Another cool dive was East point, it was notable for its very healthy coral, one of the few places around Curaçao where they are growing apparently. It was my dive buddy’s 100th dive so we would have an extra reason to celebrate afterwards. On the boat ride back, like almost everyday we were treated to either hunting ospreys or flying fishes.
I’ve mentioned this in another post, the underwater spirit animal of Curaçao has got to be the trumpet fish. I have never seen so many specimens, so big and so colourful. Not just incognito green floating head down pretending to be a reed of some sort, but bright colours, yellow, red, blue and very large. I have not seen that anywhere else so far.
We also got included (I think) in the mating dance of a pair of squids, they circled around us repeatedly flashing, changing colours and chasing each other, going away, coming back, It was extraordinary. It was also our last dive.

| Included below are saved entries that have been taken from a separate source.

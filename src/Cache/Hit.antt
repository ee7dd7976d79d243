-- ===== src/Cache/Hit.antt =====
-- A `get` of a range that a slot holds, and the `unlock` of what it hands out.
use mathlib.Core.Option
use cl_kmeans.Prelude.{
  ℕ, zero, suc, ◌+◌, ◌^◌, ◌≤◌, ◌<◌, false, List, [], ◌∷◌, none, some, ℤ, pos, ◌≡◌, ◌≢◌, refl, ◌∙◌,
  ap, sym, subst, arith, length, get_elem?, modify, get_elem?-lt, get_elem?-modify_self, ltb, leb,
  ◌==◌, ◌||◌, if◌then◌else◌,
}
use cl_kmeans.Cache.State.{
  add32, add64, sub64, success, failure, Queue, BufferDesc, Event, WaitList, free, read_lock,
  write_lock, SlotLockStatus, Slot, Device, DeviceInfo, Cache, slot_at, slot_of, modify_slot,
  modify_slots,
}
use cl_kmeans.Cache.Find.{find_device_from, find_device_id, find_slot_from, find_cache_slot, holds}
use cl_kmeans.Cache.Lock.{
  set_lock, lock_read, release, change_lock, try_lock, try_read_lock, unlock_buffer, unlock_list,
  unlock,
}
use cl_kmeans.Cache.Transfer.{Reply, get_slot, get}
use cl_kmeans.Cache.Slots.{put, modify-put, put_self, put-put, slot_of-some, slot_of-put_self}
use cl_kmeans.Cache.Lookup.{InRange}
use cl_kmeans.Cache.Valid.{IsValid, LockValid}
use cl_kmeans.Cache.Errors.{find_buffer_id_inside}

-- Locks do not count in a search.
find_slot_from-set_lock :
    (k oid buffer_id : ℕ) (slots : List Slot) (i : ℕ) (status : SlotLockStatus) (n : ℕ)
    → find_slot_from k oid buffer_id (modify slots i (set_lock status n))
      ≡ find_slot_from k oid buffer_id slots
unfolding find_slot_from holds
find_slot_from-set_lock k oid buffer_id [] i status n = refl
find_slot_from-set_lock k oid buffer_id (s ∷ slots) zero status n = refl
find_slot_from-set_lock k oid buffer_id (s ∷ slots) (suc i) status n =
    rw (find_slot_from-set_lock (suc k) oid buffer_id slots i status n) refl

find_device_from-modify :
    (k : ℕ) (device : Device) (devs : List DeviceInfo) (did i : ℕ) (f : Slot → Slot)
    → find_device_from k device (modify devs did (modify_slots i f))
      ≡ find_device_from k device devs
unfolding find_device_from
find_device_from-modify k device [] did i f = refl
find_device_from-modify k device (dev ∷ devs) zero i f = refl
find_device_from-modify k device (dev ∷ devs) (suc did) i f =
    rw (find_device_from-modify (suc k) device devs did i f) refl

module _ (c : Cache) (did i : ℕ) (status : SlotLockStatus) (n : ℕ) where
  abbrev locked : Cache
  locked = modify_slot c did i (set_lock status n)

  find_device_id-locked : (device : Device) → find_device_id locked device ≡ find_device_id c device
  unfolding find_device_id
  find_device_id-locked device =
      find_device_from-modify 0 device c.device_info did i (set_lock status n)

  -- `find_cache_slot` on a known device, by what its loop answers.
  abbrev searched : (oid buffer_id : ℕ) → ℤ → ℤ
  searched oid buffer_id z =
      if oid == 0 || leb (length c.object_info) oid
      then failure
      else elim (get_elem? c.object_info oid) [
        | none ↦ failure
        | some obj ↦ if leb (sub64 (add64 obj.size c.buffer_size) 1) buffer_id then failure else z
      ]

  find_cache_slot-locked :
      (oid buffer_id : ℕ) {dev : DeviceInfo}
      → get_elem? c.device_info did ≡ some dev
      → find_cache_slot locked did oid buffer_id ≡ find_cache_slot c did oid buffer_id
  unfolding find_cache_slot
  find_cache_slot-locked oid buffer_id {dev} e =
      let there : get_elem? locked.device_info did ≡ some (modify_slots i (set_lock status n) dev) =
        get_elem?-modify_self c.device_info did (modify_slots i (set_lock status n))
        ∙ ap (Option.map (modify_slots i (set_lock status n))) e in
      rw (there, find_cache_slot)
        (rw (e, find_cache_slot)
          (ap (searched oid buffer_id)
            (find_slot_from-set_lock 0 oid buffer_id dev.slots i status n)))

-- A lock of a reader that can be taken back.
record Taken (s : Slot) : Type 0 where
  count : ℕ
  by_get : lock_read s.status s.count ≡ (success, set_lock read_lock count)
  back : SlotLockStatus
  back_count : ℕ
  by_unlock : release read_lock count ≡ (success, set_lock back back_count)
  status_same : back ≡ s.status
  count_same : back_count ≡ s.count

take :
    (k : ℕ) (s : Slot)
    → LockValid k s.status s.count
    → k + 1 < 2 ^ 32
    → s.status ≢ write_lock
    → Taken s
unfolding lock_read release
take k s valid narrow readable = take_by s.status refl
  where
    take_by : (status : SlotLockStatus) → s.status ≡ status → Taken s
    take_by free e =
        let zero_readers : s.count ≡ 0 = subst (λ st. LockValid k st s.count) e valid in
        record {
          count = 1;
          by_get = rw e refl;
          back = free;
          back_count = 0;
          by_unlock = refl;
          status_same = sym e;
          count_same = sym zero_readers;
        }
    take_by read_lock e =
        let (some_reader, few) : (1 ≤ s.count) × (s.count ≤ k) =
          subst (λ st. LockValid k st s.count) e valid in
        let next : add32 s.count 1 ≡ suc s.count = omega (arith, few, narrow) in
        let more : (suc s.count == 1) ≡ false = ground (arith, some_reader) in
        record {
          count = suc s.count;
          by_get = rw e (ap (λ n. (success, set_lock read_lock n)) next);
          back = read_lock;
          back_count = s.count;
          by_unlock = rw more (ap (λ n. (success, set_lock read_lock n)) (omega arith));
          status_same = sym e;
          count_same = refl;
        }
    take_by write_lock e = absurd (readable e)

-- The cache as it was, after the lock is taken and given back.
relocked :
    (c : Cache) (did i : ℕ) (s : Slot) (t : Taken s)
    → slot_at c did i ≡ some s
    → modify_slot
        (modify_slot c did i (set_lock read_lock t.count))
        did
        i
        (set_lock t.back t.back_count)
      ≡ c
relocked c did i s t h = λ j. record c { device_info = devices j }
  where
    held : Slot
    held = set_lock read_lock t.count s

    devices :
        modify
          (modify c.device_info did (modify_slots i (set_lock read_lock t.count)))
          did
          (modify_slots i (set_lock t.back t.back_count))
        ≡ c.device_info
    devices =
        ap (λ d. modify d did (modify_slots i (set_lock t.back t.back_count)))
          (modify-put c.device_info did i (set_lock read_lock t.count) h)
        ∙ modify-put (put c.device_info did i held) did i (set_lock t.back t.back_count)
            (slot_of-put_self c.device_info did i held h)
        ∙ put-put c.device_info did i held (set_lock t.back t.back_count held)
        ∙ ap (put c.device_info did i)
            (λ j. record s { status = t.status_same j; count = t.count_same j })
        ∙ put_self c.device_info did i h

-- The lock of a reader, taken and given back.
module _ (c : Cache) (did i : ℕ) (s : Slot) (t : Taken s) (there : slot_at c did i ≡ some s) where
  abbrev read_locked : Cache
  read_locked = modify_slot c did i (set_lock read_lock t.count)

  slot_at-read_locked : slot_at read_locked did i ≡ some (set_lock read_lock t.count s)
  slot_at-read_locked =
      ap (λ d. slot_of d did i) (modify-put c.device_info did i (set_lock read_lock t.count) there)
      ∙ slot_of-put_self c.device_info did i (set_lock read_lock t.count s) there

  try_read_lock-open :
      (dev : DeviceInfo)
      → get_elem? c.device_info did ≡ some dev
      → get_elem? dev.slots i ≡ some s
      → i < dev.num_slots
      → try_read_lock c did i ≡ some (success, read_locked)
  unfolding try_read_lock try_lock change_lock
  try_read_lock-open dev e in_dev lt =
      let inside : leb dev.num_slots i ≡ false = ground (arith, lt) in
      rw (e, try_read_lock) (rw (inside, try_read_lock) (rw in_dev (rw t.by_get refl)))

  change_lock-back : change_lock release read_locked did i ≡ some (success, c)
  unfolding change_lock
  change_lock-back =
      rw slot_at-read_locked
        (rw t.by_unlock (ap (λ c'. some (success, c')) (relocked c did i s t there)))

module _ (k : ℕ) (c : Cache) (valid : IsValid k c) (narrow : k + 1 < 2 ^ 32) (queue : Queue)
    (oid begin end b did i : ℕ) (s : Slot) where
  -- On a well-formed cache with at most k readers of a slot, k + 1 below 2^32: `get` of a range of
  -- at most a buffer's length that begins in an object, on a known device where a slot holds the
  -- object's buffer of that begin and is not locked for writing, succeeds and hands out the slot's
  -- buffer; and `unlock` of what it hands out succeeds and makes the cache the one before the `get`.
  pub get-unlock_hit :
      (buffers : List BufferDesc) (event : Event) (wait_list : WaitList)
      → sub64 end begin ≤ c.buffer_size
      → find_device_id c queue.device ≡ pos did
      → InRange c oid begin b
      → find_cache_slot c did oid b ≡ pos i
      → slot_at c did i ≡ some s
      → s.status ≢ write_lock
      → (r : Reply) × (get c queue oid begin end buffers event wait_list ≡ some r)
        × (r.code ≡ success)
        × (r.buffers
            ≡ record { buffer = s.device_buffer; content_length = sub64 end begin; buffer_id = b }
              ∷ [])
        × (unlock r.cache queue oid r.buffers ≡ some (success, c))
  unfolding get get_slot unlock unlock_list unlock_buffer
  get-unlock_hit buffers event wait_list fits known range found there readable =
      let (dev, at_did, in_dev) = slot_of-some c.device_info did i there in
      let lt : i < dev.num_slots =
        omega (arith, valid.sized did dev at_did, get_elem?-lt dev.slots i in_dev) in
      let t : Taken s = take k s (valid.slots did i s there).lock narrow readable in
      let small : ltb c.buffer_size (sub64 end begin) ≡ false = ground (arith, fits) in
      let inside =
        find_buffer_id_inside c did oid begin 0 b range (get_elem?-lt c.device_info did at_did) in
      (
        record {
          code = success;
          buffers =
              record { buffer = s.device_buffer; content_length = sub64 end begin; buffer_id = b }
              ∷ [];
          event = event;
          cache = read_locked c did i s t there;
        },
        rw small (
            rw known (
              rw (ap (λ p. p.0) inside) (
                rw (ap (λ p. p.1) inside) (
                  rw found (
                    rw (try_read_lock-open c did i s t there dev at_did in_dev lt) (
                      rw (slot_at-read_locked c did i s t there)
                        (rw (ap (λ p. p.1) inside) refl))))))),
        refl,
        refl,
        rw (find_device_id-locked c did i read_lock t.count queue.device ∙ known, unlock)
            (rw
              (
                find_cache_slot-locked c did i read_lock t.count oid b at_did ∙ found,
                unlock_list,
                unlock_buffer,
              )
              (change_lock-back c did i s t there)),
      )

I think my only disappointment on that trip is that we could not dive the big wreck of the place, the Superior Producer. The ship sank in a storm in 1977 after her cargo got loose and started rolling around. It now sits upright at about 90 feet but… you can’t dive it when there’s a cruise ship docked (darn cruise ships again), and that was the case when we were there.
Though you can shore dive the wreck, I have since learned that there’s a company that offers to drop you over the wreck by helicopter. Well now, that doesn’t sound like any fun at all. Cue the sarcasm beers.

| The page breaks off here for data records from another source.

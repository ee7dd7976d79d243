-- ===== src/Cache/IoThread.antt =====
-- `IOThread` (simple_buffer_cache.cpp): the queue of tasks between the callers of the cache and
-- the thread that makes the copies. A call on the queue holds the mutex, so a run of the callers
-- and of the thread is a sequence of whole calls, in any order.
use cl_kmeans.Prelude.{
  ℕ, zero, suc, length, arith, sym, Bool, true, false, List, [], ◌∷◌, ◌++◌, Option, none, some, ◌≡◌,
  refl, ◌∙◌, ap, append_assoc, append-nil, if◌then◌else◌,
}
use cl_kmeans.Cache.State.{AsyncTask}

-- `tasks` holds pointers, `none` is the null pointer. `running` tells whether `work` still loops,
-- and `finished` has the tasks whose copy is made and whose event is complete, in order.
pub record IoThread : Type 0 where
  pub tasks : List (Option AsyncTask)
  pub running : Bool
  pub finished : List AsyncTask

abbrev pub launch_thread : IoThread
launch_thread = record { tasks = []; running = true; finished = [] }

unfoldable pub push_task_back : IoThread → Option AsyncTask → IoThread
push_task_back s task = record s { tasks = s.tasks ++ task ∷ [] }

-- A round of the loop in `work`, by what `tasks` holds: `pop_front` waits where that is nothing.
unfoldable pub work_on : Bool → List (Option AsyncTask) → List AsyncTask → IoThread
work_on false tasks finished = record { tasks = tasks; running = false; finished = finished }
work_on true [] finished = record { tasks = []; running = true; finished = finished }
work_on true (none ∷ tasks) finished = record {
  tasks = tasks;
  running = false;
  finished = finished;
}
work_on true (some task ∷ tasks) finished = record {
  tasks = tasks;
  running = true;
  finished = finished ++ task ∷ [];
}

unfoldable pub work : IoThread → IoThread
unfolding work_on
work s = work_on s.running s.tasks s.finished

-- What happens next: a caller pushes a task, a caller joins, or the thread makes a round.
pub data Turn : Type 0 where
  pushes : AsyncTask → Turn
  joins : Turn
  works : Turn

unfoldable pub take_turn : IoThread → Turn → IoThread
unfolding push_task_back work
take_turn s (pushes task) = push_task_back s (some task)
take_turn s joins = push_task_back s none
take_turn s works = work s

unfoldable pub take_turns : IoThread → List Turn → IoThread
unfolding take_turn
take_turns s [] = s
take_turns s (turn ∷ turns) = take_turns (take_turn s turn) turns

-- What was pushed, in order.
abbrev pub pushed : List Turn → List (Option AsyncTask)
pushed [] = []
pushed (pushes task ∷ turns) = some task ∷ pushed turns
pushed (joins ∷ turns) = none ∷ pushed turns
pushed (works ∷ turns) = pushed turns

-- The tasks before the first null pointer.
abbrev pub until_null : List (Option AsyncTask) → List AsyncTask
until_null [] = []
until_null (none ∷ tasks) = []
until_null (some task ∷ tasks) = task ∷ until_null tasks

-- The queued tasks up to the first null pointer, once `more` is pushed, of a thread that loops.
abbrev remaining : IoThread → List (Option AsyncTask) → List AsyncTask
remaining s more = if s.running then until_null (s.tasks ++ more) else []

work_on_lem :
    (running : Bool) (tasks : List (Option AsyncTask)) (finished : List AsyncTask)
    (more : List (Option AsyncTask))
    → (work_on running tasks finished).finished ++ remaining (work_on running tasks finished) more
      ≡ finished
        ++ remaining (record { tasks = tasks; running = running; finished = finished }) more
unfolding work_on
work_on_lem false tasks finished more = refl
work_on_lem true [] finished more = refl
work_on_lem true (none ∷ tasks) finished more = refl
work_on_lem true (some task ∷ tasks) finished more = append_assoc finished _ _

push_lem :
    (s : IoThread) (task : Option AsyncTask) (more : List (Option AsyncTask))
    → remaining (push_task_back s task) more ≡ remaining s (task ∷ more)
unfolding push_task_back
push_lem s task more =
    ap (λ z. if s.running then until_null z else []) (append_assoc s.tasks (task ∷ []) more)

take_turns_lem :
    (s : IoThread) (turns : List Turn) (more : List (Option AsyncTask))
    → (take_turns s turns).finished ++ remaining (take_turns s turns) more
      ≡ s.finished ++ remaining s (pushed turns ++ more)
unfolding take_turns push_task_back work
take_turns_lem s [] more = refl
take_turns_lem s (pushes task ∷ turns) more =
    take_turns_lem (push_task_back s (some task)) turns more
    ∙ ap (λ z. s.finished ++ z) (push_lem s (some task) (pushed turns ++ more))
take_turns_lem s (joins ∷ turns) more =
    take_turns_lem (push_task_back s none) turns more
    ∙ ap (λ z. s.finished ++ z) (push_lem s none (pushed turns ++ more))
take_turns_lem s (works ∷ turns) more =
    take_turns_lem (work s) turns more
    ∙ work_on_lem s.running s.tasks s.finished (pushed turns ++ more)

-- `n` rounds of the thread alone.
abbrev pub rounds : ℕ → List Turn
rounds zero = []
rounds (suc n) = works ∷ rounds n

pushed-rounds : (n : ℕ) → pushed (rounds n) ≡ []
pushed-rounds zero = refl
pushed-rounds (suc n) = pushed-rounds n

stopped_lem : (n : ℕ) (s : IoThread) → s.running ≡ false → (take_turns s (rounds n)).running ≡ false
unfolding take_turns work work_on
stopped_lem zero s h = h
stopped_lem (suc n) s h = stopped_lem n (work s) (rw h refl)

-- As many rounds as there are tasks leave nothing to finish.
nothing_left :
    (n : ℕ) (tasks : List (Option AsyncTask)) (running : Bool) (finished : List AsyncTask)
    → length tasks ≡ n
    → remaining
        (take_turns (record { tasks = tasks; running = running; finished = finished }) (rounds n))
        []
      ≡ []
unfolding take_turns work work_on
nothing_left n tasks false finished h =
    rw (stopped_lem n (record { tasks = tasks; running = false; finished = finished }) refl) refl
nothing_left zero [] true finished h = refl
nothing_left zero (t ∷ tasks) true finished h = absurd (omega (arith, h))
nothing_left (suc n) [] true finished h = absurd (omega (arith, h))
nothing_left (suc n) (none ∷ tasks) true finished h =
    nothing_left n tasks false finished (omega (arith, h))
nothing_left (suc n) (some task ∷ tasks) true finished h =
    nothing_left n tasks true (finished ++ task ∷ []) (omega (arith, h))

-- In every run from `launch_thread`, in which callers push and join and the thread makes rounds in
-- any order: once the thread has then made as many rounds as tasks are queued, it has finished
-- exactly the tasks that were pushed before the first join, each once and in the order of the
-- pushes; and what it finished up to then is the first part of these.
pub launch_thread-take_turns :
    (turns : List Turn)
    → let s = take_turns launch_thread turns in
      ((take_turns s (rounds (length s.tasks))).finished ≡ until_null (pushed turns))
      × ((later : List AsyncTask) × (s.finished ++ later ≡ until_null (pushed turns)))
launch_thread-take_turns turns =
    let s = take_turns launch_thread turns in
    let e : s.finished ++ remaining s [] ≡ until_null (pushed turns) =
      take_turns_lem launch_thread turns [] ∙ ap until_null (append-nil (pushed turns)) in
    let n = length s.tasks in
    let all = take_turns_lem s (rounds n) [] in
    let none_left : remaining (take_turns s (rounds n)) [] ≡ [] =
      nothing_left n s.tasks s.running s.finished refl in
    (
      sym (append-nil _)
          ∙ ap (λ z. (take_turns s (rounds n)).finished ++ z) (sym none_left)
          ∙ all
          ∙ ap (λ z. s.finished ++ remaining s z) (append-nil (pushed (rounds n)) ∙ pushed-rounds n)
          ∙ e,
      (remaining s [], e),
    )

On the contrary that’s like three childhood fantasies rolled into one. How awesome would that be? Even if it feels a little gimmicky I need to try this. I guess we’ll just have to go back. Anyways I feel like maybe I should give green rum another try, for fairness’ sake. I’ll just check the cruise ship schedule first.
See you under the waves.
Bright colours and blacked-out eyes. A world of words, images, and contradictions.
I found Curacoa to have much more culture than the other 2 ABC Island. Having a dive shop at the hotel is a common great thing on the island. The food at the market in Willemstad and on the beaches at the local food stands were incredible. Getting fish fresh from the water was good eating. My favorite of the ABC Islands.
Super interesting opinion. Certainly agreed about he market food. I am curious about Aruba for the 1939 wreck of the Antilla and the boy inside the man is curious if they still use those square coins. What are your thoughts on spending 3 weeks in Bonaire for shore diving?